- [About this task]: Reproduce exactly the lines below from the one containing "and moves nothing." through the one containing "let c = classify-checked", including both, and nothing else.

- [Supplied data]:
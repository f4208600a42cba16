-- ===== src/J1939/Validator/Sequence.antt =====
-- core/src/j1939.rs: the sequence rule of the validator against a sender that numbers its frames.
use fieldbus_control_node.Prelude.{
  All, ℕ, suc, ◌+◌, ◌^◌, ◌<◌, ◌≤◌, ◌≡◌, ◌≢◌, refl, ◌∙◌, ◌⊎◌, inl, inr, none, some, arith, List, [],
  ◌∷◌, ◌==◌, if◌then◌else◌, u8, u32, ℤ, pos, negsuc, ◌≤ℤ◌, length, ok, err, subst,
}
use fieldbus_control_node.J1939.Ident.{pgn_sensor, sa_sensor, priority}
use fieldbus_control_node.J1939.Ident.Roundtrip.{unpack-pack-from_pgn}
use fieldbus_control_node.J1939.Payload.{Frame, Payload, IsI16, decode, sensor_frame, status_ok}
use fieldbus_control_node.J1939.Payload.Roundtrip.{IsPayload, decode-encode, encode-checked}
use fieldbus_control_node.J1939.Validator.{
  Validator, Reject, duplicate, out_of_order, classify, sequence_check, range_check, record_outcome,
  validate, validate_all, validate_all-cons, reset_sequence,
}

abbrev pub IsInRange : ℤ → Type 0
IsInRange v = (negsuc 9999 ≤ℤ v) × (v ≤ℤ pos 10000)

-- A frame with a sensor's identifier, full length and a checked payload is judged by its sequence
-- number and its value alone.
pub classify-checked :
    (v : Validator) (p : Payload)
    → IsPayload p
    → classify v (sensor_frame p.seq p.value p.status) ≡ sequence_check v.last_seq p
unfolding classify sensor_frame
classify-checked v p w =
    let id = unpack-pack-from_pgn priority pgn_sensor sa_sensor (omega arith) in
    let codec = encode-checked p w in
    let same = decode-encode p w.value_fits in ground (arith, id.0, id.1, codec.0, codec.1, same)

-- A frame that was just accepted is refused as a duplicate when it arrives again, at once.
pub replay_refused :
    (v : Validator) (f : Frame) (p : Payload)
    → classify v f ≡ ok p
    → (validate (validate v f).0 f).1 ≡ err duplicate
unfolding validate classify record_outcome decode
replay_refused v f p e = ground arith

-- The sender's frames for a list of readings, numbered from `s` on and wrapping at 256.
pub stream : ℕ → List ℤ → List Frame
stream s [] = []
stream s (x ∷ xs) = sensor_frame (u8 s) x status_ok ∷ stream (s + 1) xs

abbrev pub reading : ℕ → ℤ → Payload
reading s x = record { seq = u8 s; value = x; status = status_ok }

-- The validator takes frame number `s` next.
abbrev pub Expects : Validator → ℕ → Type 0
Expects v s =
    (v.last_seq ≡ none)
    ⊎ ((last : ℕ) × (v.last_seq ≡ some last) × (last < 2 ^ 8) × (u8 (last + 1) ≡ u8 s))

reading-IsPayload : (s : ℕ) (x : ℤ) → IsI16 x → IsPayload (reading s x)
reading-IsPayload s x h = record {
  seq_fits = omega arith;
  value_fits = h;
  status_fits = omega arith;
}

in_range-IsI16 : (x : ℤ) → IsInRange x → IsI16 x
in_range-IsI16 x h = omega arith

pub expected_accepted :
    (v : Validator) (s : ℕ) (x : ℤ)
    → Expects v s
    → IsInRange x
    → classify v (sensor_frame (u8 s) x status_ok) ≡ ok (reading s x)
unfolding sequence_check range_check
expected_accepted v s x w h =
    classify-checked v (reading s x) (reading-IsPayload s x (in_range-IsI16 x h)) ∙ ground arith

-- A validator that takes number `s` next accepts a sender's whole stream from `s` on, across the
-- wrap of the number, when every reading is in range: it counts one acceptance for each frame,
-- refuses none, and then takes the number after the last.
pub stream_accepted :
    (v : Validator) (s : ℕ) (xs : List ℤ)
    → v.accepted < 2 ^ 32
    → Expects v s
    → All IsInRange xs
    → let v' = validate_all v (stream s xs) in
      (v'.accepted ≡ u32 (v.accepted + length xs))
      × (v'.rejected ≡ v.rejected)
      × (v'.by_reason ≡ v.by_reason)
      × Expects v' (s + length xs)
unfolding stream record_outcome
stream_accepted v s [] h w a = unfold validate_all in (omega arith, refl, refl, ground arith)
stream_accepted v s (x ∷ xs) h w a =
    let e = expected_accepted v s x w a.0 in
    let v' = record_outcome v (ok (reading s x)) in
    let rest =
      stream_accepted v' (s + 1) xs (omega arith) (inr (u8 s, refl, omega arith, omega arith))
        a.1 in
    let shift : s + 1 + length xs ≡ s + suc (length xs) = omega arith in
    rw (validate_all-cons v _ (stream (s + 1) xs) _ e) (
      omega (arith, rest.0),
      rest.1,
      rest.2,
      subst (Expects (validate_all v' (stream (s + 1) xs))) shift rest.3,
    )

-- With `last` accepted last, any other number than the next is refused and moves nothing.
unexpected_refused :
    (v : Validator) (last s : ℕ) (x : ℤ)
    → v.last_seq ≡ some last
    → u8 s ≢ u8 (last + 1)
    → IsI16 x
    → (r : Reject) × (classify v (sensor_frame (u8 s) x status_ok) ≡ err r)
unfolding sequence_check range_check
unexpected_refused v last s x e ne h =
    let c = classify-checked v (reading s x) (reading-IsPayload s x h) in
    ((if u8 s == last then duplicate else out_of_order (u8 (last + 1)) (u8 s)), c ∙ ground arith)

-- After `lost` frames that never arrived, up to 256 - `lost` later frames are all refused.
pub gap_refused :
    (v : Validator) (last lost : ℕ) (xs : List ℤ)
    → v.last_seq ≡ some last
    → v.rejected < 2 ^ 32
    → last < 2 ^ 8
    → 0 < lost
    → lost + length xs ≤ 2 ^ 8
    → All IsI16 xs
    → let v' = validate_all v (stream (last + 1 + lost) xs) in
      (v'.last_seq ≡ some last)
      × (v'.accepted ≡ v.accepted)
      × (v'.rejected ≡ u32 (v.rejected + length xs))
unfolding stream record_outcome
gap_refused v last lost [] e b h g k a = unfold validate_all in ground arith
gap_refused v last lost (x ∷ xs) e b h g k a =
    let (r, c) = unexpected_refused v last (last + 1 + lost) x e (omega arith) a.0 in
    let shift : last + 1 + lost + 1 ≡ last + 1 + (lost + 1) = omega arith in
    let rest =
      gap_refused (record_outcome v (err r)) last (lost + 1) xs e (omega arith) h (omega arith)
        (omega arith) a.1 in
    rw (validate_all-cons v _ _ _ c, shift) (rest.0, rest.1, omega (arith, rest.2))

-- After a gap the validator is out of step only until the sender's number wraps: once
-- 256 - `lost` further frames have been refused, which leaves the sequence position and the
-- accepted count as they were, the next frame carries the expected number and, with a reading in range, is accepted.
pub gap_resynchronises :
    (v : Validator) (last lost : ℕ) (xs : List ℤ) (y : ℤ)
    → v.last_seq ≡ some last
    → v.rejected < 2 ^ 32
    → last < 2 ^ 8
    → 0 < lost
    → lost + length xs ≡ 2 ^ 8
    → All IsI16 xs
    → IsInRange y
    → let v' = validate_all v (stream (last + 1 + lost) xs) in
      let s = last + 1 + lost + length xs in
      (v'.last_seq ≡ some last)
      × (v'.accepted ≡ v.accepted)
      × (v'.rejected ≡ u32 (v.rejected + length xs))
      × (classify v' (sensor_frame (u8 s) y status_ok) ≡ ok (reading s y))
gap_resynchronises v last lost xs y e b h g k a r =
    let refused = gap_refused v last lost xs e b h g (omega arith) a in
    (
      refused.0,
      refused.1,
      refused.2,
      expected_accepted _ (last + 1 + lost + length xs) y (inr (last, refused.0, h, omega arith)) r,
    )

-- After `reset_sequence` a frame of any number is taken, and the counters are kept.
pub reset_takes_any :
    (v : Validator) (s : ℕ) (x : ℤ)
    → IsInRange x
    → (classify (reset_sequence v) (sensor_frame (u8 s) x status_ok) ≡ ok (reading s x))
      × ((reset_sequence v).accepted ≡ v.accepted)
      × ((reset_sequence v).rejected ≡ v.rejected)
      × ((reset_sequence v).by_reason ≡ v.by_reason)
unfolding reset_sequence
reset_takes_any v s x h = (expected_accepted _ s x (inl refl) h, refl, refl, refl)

==

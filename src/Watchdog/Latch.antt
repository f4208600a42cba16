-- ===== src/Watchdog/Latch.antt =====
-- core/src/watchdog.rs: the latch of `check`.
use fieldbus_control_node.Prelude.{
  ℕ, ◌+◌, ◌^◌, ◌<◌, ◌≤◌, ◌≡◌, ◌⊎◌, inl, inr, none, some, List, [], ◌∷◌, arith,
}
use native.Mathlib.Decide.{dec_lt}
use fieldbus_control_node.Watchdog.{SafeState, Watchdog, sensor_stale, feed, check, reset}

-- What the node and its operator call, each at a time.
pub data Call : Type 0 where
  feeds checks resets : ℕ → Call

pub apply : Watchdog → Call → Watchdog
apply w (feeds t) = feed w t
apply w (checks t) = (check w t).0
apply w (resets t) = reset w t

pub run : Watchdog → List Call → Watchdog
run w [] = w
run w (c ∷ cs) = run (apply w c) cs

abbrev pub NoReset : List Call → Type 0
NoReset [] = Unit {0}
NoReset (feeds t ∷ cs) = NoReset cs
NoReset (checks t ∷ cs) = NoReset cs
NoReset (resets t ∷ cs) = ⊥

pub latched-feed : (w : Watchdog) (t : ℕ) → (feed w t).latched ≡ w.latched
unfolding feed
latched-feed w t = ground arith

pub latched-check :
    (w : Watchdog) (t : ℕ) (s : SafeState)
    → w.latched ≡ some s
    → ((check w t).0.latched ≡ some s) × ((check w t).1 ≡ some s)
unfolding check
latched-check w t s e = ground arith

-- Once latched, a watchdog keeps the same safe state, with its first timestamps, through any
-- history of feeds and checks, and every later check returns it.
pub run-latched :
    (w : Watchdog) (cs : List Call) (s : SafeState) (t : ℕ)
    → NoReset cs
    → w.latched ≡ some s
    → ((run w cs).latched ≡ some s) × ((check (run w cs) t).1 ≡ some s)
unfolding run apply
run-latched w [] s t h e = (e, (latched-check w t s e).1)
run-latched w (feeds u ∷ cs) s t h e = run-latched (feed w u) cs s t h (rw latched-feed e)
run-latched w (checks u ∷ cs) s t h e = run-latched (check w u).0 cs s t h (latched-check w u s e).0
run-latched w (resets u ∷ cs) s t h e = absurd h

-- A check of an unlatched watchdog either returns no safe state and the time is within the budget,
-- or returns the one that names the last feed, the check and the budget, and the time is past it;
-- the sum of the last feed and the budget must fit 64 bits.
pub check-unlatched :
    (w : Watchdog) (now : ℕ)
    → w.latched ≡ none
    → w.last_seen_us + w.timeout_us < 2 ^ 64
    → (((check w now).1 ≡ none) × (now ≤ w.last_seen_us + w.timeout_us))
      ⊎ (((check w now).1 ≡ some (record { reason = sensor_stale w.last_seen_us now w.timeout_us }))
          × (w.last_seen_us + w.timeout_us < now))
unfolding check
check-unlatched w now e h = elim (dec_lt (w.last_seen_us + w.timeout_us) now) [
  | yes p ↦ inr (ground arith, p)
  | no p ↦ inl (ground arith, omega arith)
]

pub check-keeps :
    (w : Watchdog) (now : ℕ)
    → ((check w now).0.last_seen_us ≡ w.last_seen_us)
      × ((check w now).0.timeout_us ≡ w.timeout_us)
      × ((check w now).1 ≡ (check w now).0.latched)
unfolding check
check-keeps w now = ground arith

- [Your response]:
-- With `last` accepted last, any other number than the next is refused and moves nothing.
unexpected_refused :
    (v : Validator) (last s : ℕ) (x : ℤ)
    → v.last_seq ≡ some last
    → u8 s ≢ u8 (last + 1)
    → IsI16 x
    → (r : Reject) × (classify v (sensor_frame (u8 s) x status_ok) ≡ err r)
unfolding sequence_check range_check
unexpected_refused v last s x e ne h =
    let c = classify-checked v (reading s x) (reading-IsPayload s x h) in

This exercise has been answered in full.